-- GOAL OF THE EXERCISE --
Somewhere below are a line with "filename src/Crud/Arguments/Finding.antt" and a later line with "AllArrive-onto ((key, item)". Output exactly those lines and all lines between them.

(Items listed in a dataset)
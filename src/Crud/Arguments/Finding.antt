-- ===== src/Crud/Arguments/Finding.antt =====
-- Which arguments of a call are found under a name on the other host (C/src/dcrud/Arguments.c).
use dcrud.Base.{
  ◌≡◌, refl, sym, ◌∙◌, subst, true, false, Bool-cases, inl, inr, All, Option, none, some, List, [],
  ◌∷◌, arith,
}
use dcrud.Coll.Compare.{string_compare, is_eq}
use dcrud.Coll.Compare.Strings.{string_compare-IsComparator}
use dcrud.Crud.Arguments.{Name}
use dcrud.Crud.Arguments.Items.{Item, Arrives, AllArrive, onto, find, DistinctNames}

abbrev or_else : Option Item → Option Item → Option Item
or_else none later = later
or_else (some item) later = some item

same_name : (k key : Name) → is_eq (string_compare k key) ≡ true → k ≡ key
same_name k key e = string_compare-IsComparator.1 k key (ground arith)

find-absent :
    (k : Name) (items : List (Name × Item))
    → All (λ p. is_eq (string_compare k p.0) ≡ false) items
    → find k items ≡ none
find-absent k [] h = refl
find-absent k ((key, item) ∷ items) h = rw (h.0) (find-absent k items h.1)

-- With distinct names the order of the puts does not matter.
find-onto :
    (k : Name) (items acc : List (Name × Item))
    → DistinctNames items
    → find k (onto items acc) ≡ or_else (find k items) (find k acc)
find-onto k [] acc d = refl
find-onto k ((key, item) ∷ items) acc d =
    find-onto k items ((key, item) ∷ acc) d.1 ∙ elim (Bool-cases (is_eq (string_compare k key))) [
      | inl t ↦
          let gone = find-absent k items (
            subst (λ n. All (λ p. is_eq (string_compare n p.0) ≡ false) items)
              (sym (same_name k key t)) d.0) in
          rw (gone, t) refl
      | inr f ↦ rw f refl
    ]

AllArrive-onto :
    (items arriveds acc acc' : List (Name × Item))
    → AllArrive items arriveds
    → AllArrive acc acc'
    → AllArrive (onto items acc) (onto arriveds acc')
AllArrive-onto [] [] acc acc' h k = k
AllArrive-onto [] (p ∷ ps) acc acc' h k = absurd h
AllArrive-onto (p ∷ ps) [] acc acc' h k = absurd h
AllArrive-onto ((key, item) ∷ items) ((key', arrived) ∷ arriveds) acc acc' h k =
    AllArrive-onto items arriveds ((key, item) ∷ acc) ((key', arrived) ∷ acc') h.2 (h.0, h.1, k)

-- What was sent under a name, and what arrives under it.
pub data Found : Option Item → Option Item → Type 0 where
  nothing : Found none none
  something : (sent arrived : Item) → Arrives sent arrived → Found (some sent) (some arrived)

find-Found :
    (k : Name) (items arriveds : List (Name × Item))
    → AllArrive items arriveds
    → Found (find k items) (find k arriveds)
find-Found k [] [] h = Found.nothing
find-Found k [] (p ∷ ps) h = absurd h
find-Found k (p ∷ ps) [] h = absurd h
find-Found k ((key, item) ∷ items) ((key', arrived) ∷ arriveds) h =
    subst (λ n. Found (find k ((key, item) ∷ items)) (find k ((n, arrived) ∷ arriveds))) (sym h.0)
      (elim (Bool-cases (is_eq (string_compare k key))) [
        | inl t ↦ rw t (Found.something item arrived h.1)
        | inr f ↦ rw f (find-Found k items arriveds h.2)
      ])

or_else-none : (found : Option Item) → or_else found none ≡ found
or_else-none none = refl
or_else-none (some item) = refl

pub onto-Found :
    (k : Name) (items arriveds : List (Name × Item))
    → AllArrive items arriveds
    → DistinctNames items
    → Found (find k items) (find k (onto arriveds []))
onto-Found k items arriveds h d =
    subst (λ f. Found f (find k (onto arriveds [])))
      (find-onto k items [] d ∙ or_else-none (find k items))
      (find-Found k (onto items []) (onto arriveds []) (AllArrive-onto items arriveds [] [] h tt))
* * *
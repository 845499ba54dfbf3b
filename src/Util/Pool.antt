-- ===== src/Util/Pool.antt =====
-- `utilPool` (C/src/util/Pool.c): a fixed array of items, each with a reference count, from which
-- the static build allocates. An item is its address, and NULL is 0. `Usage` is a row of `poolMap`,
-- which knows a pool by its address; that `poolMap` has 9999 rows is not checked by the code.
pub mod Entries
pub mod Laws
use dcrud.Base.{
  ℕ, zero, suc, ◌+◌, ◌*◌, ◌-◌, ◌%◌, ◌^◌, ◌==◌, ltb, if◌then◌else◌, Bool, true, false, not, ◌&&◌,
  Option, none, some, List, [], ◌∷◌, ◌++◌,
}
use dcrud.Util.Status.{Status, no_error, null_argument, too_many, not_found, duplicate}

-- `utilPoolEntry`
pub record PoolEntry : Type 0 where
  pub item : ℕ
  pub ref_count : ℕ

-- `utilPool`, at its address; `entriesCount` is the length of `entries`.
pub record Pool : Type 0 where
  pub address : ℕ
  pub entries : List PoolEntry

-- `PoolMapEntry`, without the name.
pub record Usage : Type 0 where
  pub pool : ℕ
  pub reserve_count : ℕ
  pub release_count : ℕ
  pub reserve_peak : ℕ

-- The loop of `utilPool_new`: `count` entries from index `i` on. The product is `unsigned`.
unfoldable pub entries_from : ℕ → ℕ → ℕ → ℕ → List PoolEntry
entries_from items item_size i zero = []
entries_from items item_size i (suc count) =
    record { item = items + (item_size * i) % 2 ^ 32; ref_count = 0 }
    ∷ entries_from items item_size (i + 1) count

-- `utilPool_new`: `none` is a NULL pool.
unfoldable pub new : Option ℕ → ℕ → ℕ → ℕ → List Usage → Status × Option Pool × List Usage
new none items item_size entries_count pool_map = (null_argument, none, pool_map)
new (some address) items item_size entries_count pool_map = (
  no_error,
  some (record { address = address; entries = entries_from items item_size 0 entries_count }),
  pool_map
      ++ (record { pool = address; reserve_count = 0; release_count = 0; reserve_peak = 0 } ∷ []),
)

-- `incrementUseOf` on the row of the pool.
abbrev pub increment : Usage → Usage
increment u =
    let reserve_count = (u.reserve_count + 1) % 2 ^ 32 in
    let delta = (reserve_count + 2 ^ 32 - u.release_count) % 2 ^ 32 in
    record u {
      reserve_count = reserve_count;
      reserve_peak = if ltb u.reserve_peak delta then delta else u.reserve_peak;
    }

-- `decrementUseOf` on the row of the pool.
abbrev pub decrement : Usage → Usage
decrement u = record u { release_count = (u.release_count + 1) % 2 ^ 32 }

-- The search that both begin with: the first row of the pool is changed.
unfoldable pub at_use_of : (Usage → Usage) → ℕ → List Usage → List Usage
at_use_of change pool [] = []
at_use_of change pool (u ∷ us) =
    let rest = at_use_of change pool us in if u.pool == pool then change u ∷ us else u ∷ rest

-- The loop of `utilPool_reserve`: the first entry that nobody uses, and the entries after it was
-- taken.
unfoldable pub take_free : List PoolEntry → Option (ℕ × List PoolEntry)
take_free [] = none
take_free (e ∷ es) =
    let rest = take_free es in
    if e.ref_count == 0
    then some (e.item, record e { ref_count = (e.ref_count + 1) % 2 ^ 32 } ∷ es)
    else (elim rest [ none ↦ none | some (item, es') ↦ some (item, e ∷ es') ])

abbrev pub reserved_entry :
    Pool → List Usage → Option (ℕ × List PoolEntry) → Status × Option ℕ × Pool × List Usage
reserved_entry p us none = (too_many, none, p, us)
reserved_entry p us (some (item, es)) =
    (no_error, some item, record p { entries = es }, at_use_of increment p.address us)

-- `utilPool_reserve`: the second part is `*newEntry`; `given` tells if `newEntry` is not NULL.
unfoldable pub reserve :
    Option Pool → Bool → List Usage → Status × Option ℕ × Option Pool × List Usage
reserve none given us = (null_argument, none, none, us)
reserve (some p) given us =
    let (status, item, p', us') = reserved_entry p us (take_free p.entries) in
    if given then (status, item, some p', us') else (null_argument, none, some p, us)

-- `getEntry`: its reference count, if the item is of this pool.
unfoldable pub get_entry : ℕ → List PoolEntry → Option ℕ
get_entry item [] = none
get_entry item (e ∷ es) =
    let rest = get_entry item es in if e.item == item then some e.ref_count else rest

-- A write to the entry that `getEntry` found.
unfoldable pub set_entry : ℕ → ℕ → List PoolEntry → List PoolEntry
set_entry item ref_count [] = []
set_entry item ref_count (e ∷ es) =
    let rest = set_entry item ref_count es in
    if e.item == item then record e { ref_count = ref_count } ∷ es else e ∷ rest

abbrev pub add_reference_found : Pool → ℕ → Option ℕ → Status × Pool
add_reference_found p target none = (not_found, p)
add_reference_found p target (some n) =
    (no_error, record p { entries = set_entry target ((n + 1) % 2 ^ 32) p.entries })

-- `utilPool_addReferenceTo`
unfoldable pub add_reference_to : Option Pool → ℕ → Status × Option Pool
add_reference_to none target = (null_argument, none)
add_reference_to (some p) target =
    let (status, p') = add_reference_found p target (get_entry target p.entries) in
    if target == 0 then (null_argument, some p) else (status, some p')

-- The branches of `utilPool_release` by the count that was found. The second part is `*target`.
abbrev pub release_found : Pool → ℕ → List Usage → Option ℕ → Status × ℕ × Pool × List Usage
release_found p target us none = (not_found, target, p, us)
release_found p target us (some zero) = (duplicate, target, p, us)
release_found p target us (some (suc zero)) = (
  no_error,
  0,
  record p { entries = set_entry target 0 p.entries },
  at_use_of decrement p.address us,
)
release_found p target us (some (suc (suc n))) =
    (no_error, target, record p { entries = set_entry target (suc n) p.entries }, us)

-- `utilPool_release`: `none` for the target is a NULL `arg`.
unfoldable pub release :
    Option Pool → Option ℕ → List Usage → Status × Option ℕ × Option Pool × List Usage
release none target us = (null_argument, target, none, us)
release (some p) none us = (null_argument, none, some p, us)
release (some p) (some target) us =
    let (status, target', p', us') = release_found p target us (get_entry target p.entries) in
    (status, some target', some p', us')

-- ANSWER TO THE EXERCISE --
filename src/Crud/Arguments/Finding.antt
-- ===== src/Crud/Arguments/Finding.antt =====
-- Which arguments of a call are found under a name on the other host (C/src/dcrud/Arguments.c).
use dcrud.Base.{
  ◌≡◌, refl, sym, ◌∙◌, subst, true, false, Bool-cases, inl, inr, All, Option, none, some, List, [],
  ◌∷◌, arith,
}
use dcrud.Coll.Compare.{string_compare, is_eq}
use dcrud.Coll.Compare.Strings.{string_compare-IsComparator}
use dcrud.Crud.Arguments.{Name}
use dcrud.Crud.Arguments.Items.{Item, Arrives, AllArrive, onto, find, DistinctNames}

abbrev or_else : Option Item → Option Item → Option Item
or_else none later = later
or_else (some item) later = some item

same_name : (k key : Name) → is_eq (string_compare k key) ≡ true → k ≡ key
same_name k key e = string_compare-IsComparator.1 k key (ground arith)

find-absent :
    (k : Name) (items : List (Name × Item))
    → All (λ p. is_eq (string_compare k p.0) ≡ false) items
    → find k items ≡ none
find-absent k [] h = refl
find-absent k ((key, item) ∷ items) h = rw (h.0) (find-absent k items h.1)

-- With distinct names the order of the puts does not matter.
find-onto :
    (k : Name) (items acc : List (Name × Item))
    → DistinctNames items
    → find k (onto items acc) ≡ or_else (find k items) (find k acc)
find-onto k [] acc d = refl
find-onto k ((key, item) ∷ items) acc d =
    find-onto k items ((key, item) ∷ acc) d.1 ∙ elim (Bool-cases (is_eq (string_compare k key))) [
      | inl t ↦
          let gone = find-absent k items (
            subst (λ n. All (λ p. is_eq (string_compare n p.0) ≡ false) items)
              (sym (same_name k key t)) d.0) in
          rw (gone, t) refl
      | inr f ↦ rw f refl
    ]

AllArrive-onto :
    (items arriveds acc acc' : List (Name × Item))
    → AllArrive items arriveds
    → AllArrive acc acc'
    → AllArrive (onto items acc) (onto arriveds acc')
AllArrive-onto [] [] acc acc' h k = k
AllArrive-onto [] (p ∷ ps) acc acc' h k = absurd h
AllArrive-onto (p ∷ ps) [] acc acc' h k = absurd h
AllArrive-onto ((key, item) ∷ items) ((key', arrived) ∷ arriveds) acc acc' h k =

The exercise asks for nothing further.